The sources, which originate from different parts of the Mediterranean region, are written or preserved in Hebrew, Aramaic, Greek, Latin, and Geez.The aim is to understand how human mobility was perceived and/or imagined in Jewish antiquity, including its agents, motives, and outcomes.
The main objectives are: (1) to produce a series of case-studies that illustrate the portrayal of human mobility and its social confines in Israelite/Jewish literature; and (2) to compare and theorize the cultural representations of travel in an intersectional frame and, as a result, to provide a ground-breaking interpretative framework for the study of mobility in texts from the human past.

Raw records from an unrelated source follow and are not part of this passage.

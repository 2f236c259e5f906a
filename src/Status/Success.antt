-- ===== src/Status/Success.antt =====
-- The status that `handleSuccess` stores.
use nelm_operator.Base.{String, pos, ◌∙◌, Bool, ◌≡◌, refl, Option, wrap}
use nelm_operator.Api.{Release, ReleaseStatus}
use nelm_operator.World.{
  Env, State, StoredRelease, ◌>>=◌, ◌>>◌, pure, gets, set_status, update_rel, check,
}
use nelm_operator.Controller
use nelm_operator.Controller.{Reconciler, requeue_in, failed}
use nelm_operator.Laws.Services.{IsLawful, find_condition}
use nelm_operator.Status.{Shows, Stored, update_status-Stored}
use nelm_operator.Status.Unchanged.{Fixed, Fixed-Mirrored, project-Keeps_rel}

-- The Release is ready at its generation, and nothing has failed since.
pub record Succeeded (rel : Release) (st : ReleaseStatus) : Type 0 where
  pub shows : Shows "True" "False" "False" st
  pub no_failures : st.last_action_failures ≡ pos 0
  pub observed : st.observed_generation ≡ rel.generation

mark_success-Succeeded :
    (env : Env)
    → IsLawful env
    → (rel : Release) → Succeeded rel (Controller.mark_success env rel rel.status)
unfolding Controller.mark_success find_condition
mark_success-Succeeded env laws rel = record {
  shows = record {
    ready = simp (laws.set_condition);
    reconciling = simp (laws.set_condition);
    stalled = simp (laws.set_condition);
  };
  no_failures = refl;
  observed = refl;
}

module _ (env : Env) (r : Reconciler) (laws : IsLawful env) where
  success_marked :
      (rel : Release) (s : State env)
      → Fixed rel.spec rel.generation rel.status.last_action_failures rel.status.observed_generation
          s.rel
      → Succeeded rel (Controller.mark_success env s.rel s.rel.status)
  success_marked rel s h =
      let made : Succeeded s.rel (Controller.mark_success env s.rel s.rel.status) =
        mark_success-Succeeded env laws s.rel in
      record {
        shows = made.shows;
        no_failures = made.no_failures;
        observed = made.observed ∙ h.same_generation;
      }

  finish_success-Stored :
      (rel : Release) (s : State env)
      → Fixed rel.spec rel.generation rel.status.last_action_failures rel.status.observed_generation
          s.rel
      → Stored
          (Succeeded rel)
          ((do
            update_rel (Controller.mark_success env)
            check
                (Controller.update_status env)
                (λ e. pure (failed (wrap "update success status" e)))
                (λ _. gets (λ rel. requeue_in rel.spec.interval)))
            s).1.trace
  unfolding ◌>>=◌ update_rel
  finish_success-Stored rel s h =
      update_status-Stored (λ e. pure (failed (wrap "update success status" e)))
        (λ _. gets (λ rel. requeue_in rel.spec.interval)) (λ e s. refl) (λ u s. refl)
        (record s { rel = set_status (Controller.mark_success env s.rel) s.rel })
        (success_marked rel s h)

-- With a client whose conditions behave as documented, the last call of `handle_success` stores a
-- status with Ready true, Reconciling and Stalled false, no failures and the generation of the
-- Release observed, whatever the storage answered before.
pub handle_success-Stored :
    (env : Env) (r : Reconciler)
    → IsLawful env
    → (name namespace : String) (captured : Option StoredRelease) (refetch : Bool) (s : State env)
    → Stored
        (Succeeded s.rel)
        (Controller.handle_success env r name namespace captured refetch s).1.trace
unfolding Controller.handle_success ◌>>=◌
handle_success-Stored env r laws name namespace captured refetch s =
    finish_success-Stored env r laws s.rel _
      ((project-Keeps_rel env r (Fixed-Mirrored _ _ _ _) name namespace captured refetch).at s
        (record {
          holds = record {
            same_spec = refl;
            same_generation = refl;
            same_failures = refl;
            same_observed = refl;
          };
        })).holds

The selected intersectional approach is novel and specifically unearths questions of power and social stratification that evidently pertain to (in)voluntary forms of mobility, including the individual profile of the traveller and the social realities that prompted, enabled, or compelled her or his travel in the first place.The challenge is that we know nothing about the power dynamics of ancient Israelite/Jewish travel accounts.
They are expected to reveal striking intersectional concerns, highlighting the complexity of human phenomena such as mobility.
While multiple categories of difference characterize the travelling agents, mobility also affects and shapes these categories, e.g., by leading the agent to negotiate, refine, or recreate aspects of her or his identity.
The narratives also illustrate encounters between the Israelites/Jews and others, which results in a new understanding of cultural interaction in the ancient eastern Mediterranean.